A significant increase in purchasing activity is expected for the second half of October.

China/
Hong Kong/
Vietnam:

Deliveries to this region amounted to 12.0 million pounds in September, with Vietnam accounting for the largest share at 10.6 million pounds (+139 %).
China/Hong Kong, on the other hand, recorded a decline of 86 % to 1.4 million pounds.
This development reflects an ongoing restructuring of trade between direct and transit trade channels, while China continues to build up its stocks conservatively ahead of the Chinese New Year. Vietnam's strength is based on increased processing and re-export activity of kernels to Southeast Asia.

Europe:

European deliveries in September amounted to just over 42 million pounds, bringing the year to date volume to 85.7 million pounds - an increase of 23 % on the previous year.
Spain and Italy led regional growth as buyers took advantage of recent price falls to secure coverage for the fourth quarter.
Although the purchasing strategy remains cautious and rather short-term, the mood has improved after the ANUGA trade fair and several buyers are now likely to start building up their stocks again.

Middle East:

Deliveries to the Middle East amounted to 31.0 million pounds in September, a decrease of 18.5 % compared to the same month last year.
Strong deliveries in August have offset this monthly decline, meaning that cumulative annual deliveries for the region have remained stable overall. The earlier Ramadan date of 2026 continues to influence purchasing strategies as importers cover their requirements earlier than usual.
Market reports point to continued strong momentum in October, with solid coverage until the end of the year.

Domestic:

Domestic sales amounted to 49.5 million pounds in September, a decrease of 11.5 % compared to the same month last year.
This was the eleventh consecutive month of negative year-on-year figures, leaving the market 16.9 % down year to date; the corresponding commitments fell by 12.6 %. The economic situation remains challenging, which means that consumers are increasingly rethinking their purchases - particularly in the snack sector. Shoppers continue to act cautiously and mostly buy on demand at short notice.

Commitments

Total liabilities currently stand at 548.9 million pounds, a decrease of 17.7 % compared to the previous year.
New sales for the month amounted to 219.6 million pounds, with the domestic market contributing 63.3 million pounds and the export market 156.3 million pounds of new cover.

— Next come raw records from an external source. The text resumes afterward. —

-- ===== src/Scheduler.antt =====
-- lib/cuckoo/core/scheduler.py: the thread that runs one analysis (`Launch`, from `Exec` and
-- `World`), and the network routes (`Routing`).
pub mod Service
pub mod Run
pub mod Exec
pub mod World
pub mod Launch
pub mod Routing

In total, the commitments now amount to 184.7 million pounds for the domestic market and 364.3 million pounds for export.

Harvest

Harvest receipts up to the end of September reached 992 million pounds, a decrease of 4.2 % compared to the previous year.
The lower harvest volumes reflect lower yields in non-pareil varieties and slower throughput in peeling operations - caused by higher moisture and thicker shells.
In September, the harvest shifted from Nonpareil and Independence to the Pollenizer varieties.
There are some concerns about rejection rates due to the navel orange worm, especially in later varieties, but overall quality is expected to be better than in the 2023 and 2024 crop years.

A comparison of the early varieties shows that a 3 billion pound crop is very unlikely and challenges even the 2.8 billion pound estimate.
Over the next few months, the receipts of the Pollenizer varieties will be decisive in determining the overall harvest volume.
Most growers plan to complete field work by the end of October, while the industry keeps an eye on the upcoming storms in California and the potential impact on crop volumes and quality.

Market perspective

The market situation has stabilized after the weak phase in the second half of September.
Sellers were active before the publication of the September report, while buyers remained cautious and only covered short-term requirements.
With lower crop receipts, positive quality tests and rising forward sales, the short-term environment appears constructive.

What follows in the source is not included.